Crisis electoral en Perú: detienen al gerente de la ONPE que se responsabilizó por el retraso
La crisis electoral en el Perú se agrava tras la detención de un alto cargo de la Oficina Nacional de Procesos Electorales (ONPE). El funcionario ya había dimitido al asumir su responsabilidad en los fallos que retrasaron la entrega del material electoral e impidieron que miles de ciudadanos ejercieran su derecho al voto.
El caso no solo introduce un elemento penal en la polémica, sino que desplaza el foco hacia la cadena de decisiones que hicieron posible una de las jornadas más accidentadas de los últimos años.
El detenido, José Samamé Blas, gerente de Gestión Electoral hasta horas antes de su intervención, es señalado por presunta “omisión, rehusamiento o demora de actos funcionales”. La actuación estuvo a cargo de la Policía Nacional del Perú, a través de su división anticorrupción, en lo que las autoridades describen como una detención “en flagrancia” vinculada a las irregularidades detectadas durante la organización de los comicios.
Horas antes, el propio funcionario había presentado su renuncia y reconocido su responsabilidad en los hechos. En su carta, dejó constancia explícita: “Reconozco la responsabilidad y lamento profundamente lo sucedido”, aludiendo a las fallas en la distribución del material electoral que afectaron a miles de ciudadanos.
Este reconocimiento introduce un elemento relevante en el análisis: la diferencia entre asumir responsabilidad administrativa y la eventual existencia de responsabilidad penal. Mientras la primera apunta a errores de gestión, la segunda exige probar negligencia grave o incluso intencionalidad, algo que ahora está bajo investigación.
El origen del problema: una cadena logística fallida
El núcleo del caso se sitúa en la contratación y ejecución del servicio de transporte del material electoral, adjudicado a la empresa Servicios Generales Galaga. Según la ONPE, los retrasos en la entrega de actas, cédulas y padrones impidieron la instalación de mesas en al menos 13 locales de Lima, dejando sin votar a más de 52.000 ciudadanos en la jornada principal.
Sin embargo, la empresa ha rechazado ser la única responsable, alegando que cumplió con los términos contractuales y que existieron factores externos que condicionaron la operación. Esta divergencia de versiones es uno de los puntos clave que deberá esclarecer la investigación.
Aquí emerge un elemento estructural: la dependencia crítica de proveedores externos en un proceso donde los tiempos y la precisión son determinantes. La falla no fue únicamente operativa; también plantea interrogantes sobre la supervisión, la planificación y la existencia —o ausencia— de planes de contingencia.

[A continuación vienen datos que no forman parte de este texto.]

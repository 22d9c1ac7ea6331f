-- ===== src/Audit.antt =====
-- The audit trail: `_log_audit` and `_compute_audit_chain_hash` of src/constrail/kernel_v2.py, the table
-- of src/constrail/database.py, and src/constrail/audit_verify.py and audit_checkpoint.py.
-- The hash of a payload, SHA-256 of its sorted JSON, is the parameter `digest`.
pub mod Verify
pub mod Laws
pub mod Evidence
use constrails.Prelude.{
  ℕ, String, Bool, true, false, not, Option, none, some, List, [], ◌∷◌, ◌++◌, if◌then◌else◌, leb,
  opt_eq, ◌+◌, length, last, sort_by,
}
use constrails.Models.{
  Uuid, Time, Float, Dict, AuthContext, ActionRequest, RiskLevel, Decision, RiskAssessment,
  PolicyEvaluation, ToolResult,
}

-- The dictionary that is hashed.
pub record AuditPayload : Type 0 where
  pub prev_hash : Option String
  pub request_id : Uuid
  pub agent_id : String
  pub tool : String
  pub parameters : Dict
  pub risk_score : Float
  pub risk_level : RiskLevel
  pub policy_decision : Decision
  pub final_decision : Decision
  pub approval_id : Option Uuid
  pub replayed_from_approval_id : Option Uuid
  pub sandbox_id : Option String
  pub error : Option String
  pub auth_type : Option String
  pub auth_subject : Option String
  pub auth_token_id : Option String
  pub auth_key_id : Option String

pub record AuditRecord : Type 0 where
  pub request_id : Uuid
  pub agent_id : String
  pub tool : String
  pub parameters : Dict
  pub risk_score : Float
  pub risk_level : RiskLevel
  pub policy_decision : Decision
  pub final_decision : Decision
  pub approver_id : Option String
  pub approval_id : Option Uuid
  pub replayed_from_approval_id : Option Uuid
  pub auth_type : Option String
  pub auth_subject : Option String
  pub auth_token_id : Option String
  pub auth_key_id : Option String
  pub chain_prev_hash : Option String
  pub chain_hash : Option String
  pub sandbox_id : Option String
  pub execution_result : Option ToolResult
  pub error : Option String
  pub start_time : Time
  pub duration_ms : ℕ

-- The arguments of `_log_audit` behind the request.
pub record AuditEntry : Type 0 where
  pub request_id : Uuid
  pub risk : RiskAssessment
  pub policy : PolicyEvaluation
  pub final_decision : Decision
  pub execution_result : Option ToolResult
  pub error : Option String
  pub sandbox_id : Option String
  pub duration_ms : ℕ
  pub approval_id : Option Uuid
  pub approver_id : Option String
  pub replayed_from_approval_id : Option Uuid

-- `auth_context.get(…)`, on the empty dictionary where the context has no entry "auth".
abbrev no_auth : AuthContext
no_auth = record {
  auth_type = none;
  auth_subject = none;
  auth_token_id = none;
  auth_key_id = none;
  role = none;
}

abbrev auth_of : Option AuthContext → AuthContext
auth_of none = no_auth
auth_of (some a) = a

unfoldable pub by_start : AuditRecord → AuditRecord → Bool
by_start a b = leb a.start_time b.start_time

unfoldable pub hash_of : Option AuditRecord → Option String
hash_of none = none
hash_of (some r) = r.chain_hash

module _ (digest : AuditPayload → String) where
  -- `_compute_audit_chain_hash` of the kernel
  unfoldable pub compute_audit_chain_hash : Option String → ActionRequest → AuditEntry → String
  compute_audit_chain_hash prev request entry =
      let auth = auth_of request.context.auth in
      digest (record {
        prev_hash = prev;
        request_id = entry.request_id;
        agent_id = request.agent.agent_id;
        tool = request.call.tool;
        parameters = request.call.parameters;
        risk_score = entry.risk.score;
        risk_level = entry.risk.level;
        policy_decision = entry.policy.decision;
        final_decision = entry.final_decision;
        approval_id = entry.approval_id;
        replayed_from_approval_id = entry.replayed_from_approval_id;
        sandbox_id = entry.sandbox_id;
        error = entry.error;
        auth_type = auth.auth_type;
        auth_subject = auth.auth_subject;
        auth_token_id = auth.auth_token_id;
        auth_key_id = auth.auth_key_id;
      })

  unfoldable pub audit_record : Option String → Time → ActionRequest → AuditEntry → AuditRecord
  unfolding compute_audit_chain_hash
  audit_record prev now request entry =
      let auth = auth_of request.context.auth in
      record {
        request_id = entry.request_id;
        agent_id = request.agent.agent_id;
        tool = request.call.tool;
        parameters = request.call.parameters;
        risk_score = entry.risk.score;
        risk_level = entry.risk.level;
        policy_decision = entry.policy.decision;
        final_decision = entry.final_decision;
        approver_id = entry.approver_id;
        approval_id = entry.approval_id;
        replayed_from_approval_id = entry.replayed_from_approval_id;
        auth_type = auth.auth_type;
        auth_subject = auth.auth_subject;
        auth_token_id = auth.auth_token_id;
        auth_key_id = auth.auth_key_id;
        chain_prev_hash = prev;
        chain_hash = some (compute_audit_chain_hash prev request entry);
        sandbox_id = entry.sandbox_id;
        execution_result = entry.execution_result;
        error = entry.error;
        start_time = now;
        duration_ms = entry.duration_ms;
      }

  -- `_log_audit`: a failure of the database is reported and the row dropped.
  unfoldable pub log_audit :
      Bool → Time → ActionRequest → AuditEntry → List AuditRecord → List AuditRecord
  log_audit db_up now request entry rows =
      let prev = hash_of (last (sort_by by_start rows)) in
      if db_up then rows ++ audit_record prev now request entry ∷ [] else rows

  -- `AuditVerifier._compute_hash`
  unfoldable pub payload_of : Option String → AuditRecord → AuditPayload
  payload_of prev row = record {
    prev_hash = prev;
    request_id = row.request_id;
    agent_id = row.agent_id;
    tool = row.tool;
    parameters = row.parameters;
    risk_score = row.risk_score;
    risk_level = row.risk_level;
    policy_decision = row.policy_decision;
    final_decision = row.final_decision;
    approval_id = row.approval_id;
    replayed_from_approval_id = row.replayed_from_approval_id;
    sandbox_id = row.sandbox_id;
    error = row.error;
    auth_type = row.auth_type;
    auth_subject = row.auth_subject;
    auth_token_id = row.auth_token_id;
    auth_key_id = row.auth_key_id;
  }

  unfoldable pub compute_hash : AuditRecord → Option String → String
  compute_hash row prev = digest (payload_of prev row)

Las diligencias en curso buscan determinar si el caso se limita a una mala gestión o si existen elementos que apunten a delitos más graves, como colusión o negligencia deliberada.

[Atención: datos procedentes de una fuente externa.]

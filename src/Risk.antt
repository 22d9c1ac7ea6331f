-- ===== src/Risk.antt =====
-- src/constrail/risk/risk_engine.py: the risk score and level of a request.
-- Python's float arithmetic, its formatting and `str` of a context are parameters (`Floats`); the laws
-- that the theorems use are those of IEEE 754 comparison.
pub mod Laws
pub mod Chain
use constrails.Prelude.{
  ℕ, String, Bool, true, false, not, ◌&&◌, ◌||◌, Option, none, some, List, [], ◌∷◌, ◌++◌, map, ◌≡◌,
  ◌==◌, if◌then◌else◌, any, keep, take, lookup, insert, member, concat, contains, codes, lower,
  occurs_in, sort_by, leb,
}
use constrails.Models.{
  Float, Value, str, Dict, Context, ActionRequest, RiskLevel, low, medium, high, critical,
  RiskAssessment,
}
use constrails.Config.{Settings}
use constrails.Audit.{AuditRecord}

pub record Floats : Type 0 where
  pub add : Float → Float → Float
  pub sub : Float → Float → Float
  pub mul : Float → Float → Float
  -- `a < b` and `a >= b`
  pub lt : Float → Float → Bool
  pub ge : Float → Float → Bool
  pub repr : Float → String
  -- f"{x:.2f}"
  pub fixed2 : Float → String
  pub context_text : Context → List ℕ
  pub lt_irrefl : (a : Float) → lt a a ≡ false
  pub lt_asymm : (a b : Float) → lt a b ≡ true → lt b a ≡ false
  pub ge_trans : (a b c : Float) → ge a b ≡ true → ge b c ≡ true → ge a c ≡ true
  pub zero_lt_one : lt 0 0x3FF0000000000000 ≡ true

-- The literals of the source, as 64-bit patterns.
abbrev pub f_zero : Float
f_zero = 0

abbrev f_tenth : Float
f_tenth = 0x3FB999999999999A

abbrev f_two_tenths : Float
f_two_tenths = 0x3FC999999999999A

abbrev f_three_tenths : Float
f_three_tenths = 0x3FD3333333333333

abbrev pub f_chain : Float
f_chain = 0x3FD6666666666666

abbrev f_four_tenths : Float
f_four_tenths = 0x3FD999999999999A

abbrev f_half : Float
f_half = 0x3FE0000000000000

abbrev pub f_one : Float
f_one = 0x3FF0000000000000

pub record Profile : Type 0 where
  pub base_risk : Float
  pub category : String

abbrev profile : Float → String → Profile
profile base_risk category = record { base_risk = base_risk; category = category }

abbrev default_profiles : List (String × Profile)
default_profiles =
    ("read_file", profile f_tenth "filesystem")
    ∷ ("write_file", profile 0x3FE3333333333333 "filesystem")
    ∷ ("delete_file", profile 0x3FE999999999999A "filesystem")
    ∷ ("exec", profile 0x3FECCCCCCCCCCCCD "execution")
    ∷ ("shell", profile f_one "execution")
    ∷ ("network_request", profile f_half "network")
    ∷ ("database_query", profile f_four_tenths "data_access")
    ∷ ("send_message", profile f_three_tenths "communication")
    ∷ []

-- `default_profiles.update(loaded)`
unfoldable pub update {ℓ} : {V : Type ℓ} → List (String × V) → List (String × V) → List (String × V)
update m [] = m
update m ((k, v) ∷ more) = update (insert k v m) more

-- `none`: there is no profiles file, or it cannot be read.
unfoldable pub load_tool_risk_profiles : Option (List (String × Profile)) → List (String × Profile)
unfolding update
load_tool_risk_profiles none = default_profiles
load_tool_risk_profiles (some loaded) = update default_profiles loaded

unfoldable pub later_start : AuditRecord → AuditRecord → Bool
later_start a b = leb b.start_time a.start_time

-- `_recent_agent_tools`, where the database answers; where it does not, the rows are the empty list.
unfoldable pub recent_agent_tools : Settings → List AuditRecord → String → List String
recent_agent_tools settings rows agent_id =
    map (λ r. r.tool)
      (take settings.exfiltration_lookback_limit
        (sort_by later_start (keep (λ r. r.agent_id == agent_id) rows)))

-- A text value in which one of the words occurs.
abbrev has_word : List String → String × Value → Bool
has_word words (k, str s) = any (λ w. contains s w) words
has_word words (k, v) = false

abbrev has_sensitive_key : String × Value → Bool
has_sensitive_key (k, v) =
    any (λ w. occurs_in (codes w) (lower (codes k))) ("password" ∷ "secret" ∷ "key" ∷ "token" ∷ [])

abbrev pub profile_of : List (String × Profile) → String → Profile
profile_of profiles tool = elim (lookup tool profiles) [
  | none ↦ profile f_half "unknown"
  | some p ↦ p
]

module _ (floats : Floats) where
  open floats use {add, sub, mul, lt, ge, repr, fixed2, context_text}

  -- Python's `min` keeps its first argument unless the second is smaller, and so `max`.
  abbrev pub min_float : Float → Float → Float
  min_float a b = if lt b a then b else a

  abbrev pub max_float : Float → Float → Float
  max_float a b = if lt a b then b else a

  unfoldable pub category_risk : Dict → String → Float
  category_risk params category =
      if category == "filesystem"
      then (if any (has_word (".." ∷ "/" ∷ "\\" ∷ [])) params
          then add f_zero f_three_tenths
          else f_zero)
      else if category == "execution"
      then (if any (has_word ("|" ∷ "&" ∷ ";" ∷ [])) params then add f_zero f_half else f_zero)
      else if category == "network"
      then (if any (has_word ("http://" ∷ "https://" ∷ [])) params
          then add f_zero f_two_tenths
          else f_zero)
      else f_zero

  unfoldable pub assess_parameters : Dict → String → Float
  unfolding category_risk
  assess_parameters params category =
      let risk = category_risk params category in
      min_float (if any has_sensitive_key params then add risk f_four_tenths else risk) f_one

  unfoldable pub assess_request_chain : Settings → List AuditRecord → ActionRequest → Float
  assess_request_chain settings rows request =
      if not settings.exfiltration_read_then_network_enabled
      then f_zero
      else if not (request.call.tool == "http_request")
      then f_zero
      else if any (λ tool. member tool ("read_file" ∷ "list_directory" ∷ []))
          (recent_agent_tools settings rows request.agent.agent_id)
      then f_chain
      else f_zero

  unfoldable pub assess_context : Context → Float
  assess_context context =
      let text = lower (context_text context) in
      if any (λ phrase. occurs_in (codes phrase) text)
        ("delete" ∷ "destroy" ∷ "exfiltrate" ∷ "steal" ∷ "hack" ∷ "bypass" ∷ [])
      then f_half
      else f_zero

  abbrev pub clamp : Float → Float
  clamp score = max_float f_zero (min_float f_one score)

  unfoldable pub level_of : Settings → Float → RiskLevel
  level_of settings score =
      if ge score settings.risk_threshold_critical
      then critical
      else if ge score settings.risk_threshold_high
      then high
      else if ge score settings.risk_threshold_medium
      then medium
      else low

  -- The sum of the five parts, before the clamp.
  unfoldable pub raw_score : Settings → Profile → List AuditRecord → ActionRequest → Float
  unfolding assess_parameters assess_context assess_request_chain
  raw_score settings p rows request =
      let s1 = add f_zero (mul p.base_risk f_four_tenths) in
      let s2 = add s1 (mul (sub f_one request.agent.trust_level) f_three_tenths) in
      let s3 = add s2 (mul (assess_parameters request.call.parameters p.category) f_two_tenths) in
      let s4 = add s3 (mul (assess_context request.context) f_tenth) in
      add s4 (assess_request_chain settings rows request)

  unfoldable pub assess :
      Settings → List (String × Profile) → List AuditRecord → ActionRequest → RiskAssessment
  unfolding raw_score level_of
  assess settings profiles rows request =
      let tool = request.call.tool in
      let p = profile_of profiles tool in
      let param_risk = assess_parameters request.call.parameters p.category in
      let context_risk = assess_context request.context in
      let chain_risk = assess_request_chain settings rows request in
      let score = clamp (raw_score settings p rows request) in
      record {
        score = score;
        level = level_of settings score;
        factors =
            (concat ("tool_" ∷ tool ∷ "_base_risk:" ∷ repr p.base_risk ∷ [])
              ∷ concat ("agent_trust:" ∷ repr request.agent.trust_level ∷ [])
              ∷ concat ("parameter_risk:" ∷ fixed2 param_risk ∷ [])
              ∷ [])
            ++ (if lt f_zero context_risk then "context_sensitive" ∷ [] else [])
            ++ (if lt f_zero chain_risk
                then concat ("chain_risk:" ∷ fixed2 chain_risk ∷ []) ∷ []
                else []);
        explanation = some (
            concat (
              "Risk score "
              ∷ fixed2 score
              ∷ " derived from tool '"
              ∷ tool
              ∷ "' (base "
              ∷ repr p.base_risk
              ∷ "), agent trust "
              ∷ repr request.agent.trust_level
              ∷ ", parameter risk "
              ∷ fixed2 param_risk
              ∷ "."
              ∷ []));
      }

Para ello, las autoridades están revisando el proceso de contratación y los términos de referencia firmados, la capacidad operativa real de la empresa adjudicataria, las posibles advertencias previas que fueron ignoradas y la toma de decisiones dentro de la estructura de la ONPE.
En paralelo, la propia ONPE ha anunciado acciones legales contra la empresa proveedora, lo que anticipa un escenario de responsabilidades compartidas o disputadas. El caso se mueve en una zona gris: no toda ineficiencia constituye delito, pero cuando afecta derechos fundamentales —como el voto—, el umbral de exigencia se eleva considerablemente.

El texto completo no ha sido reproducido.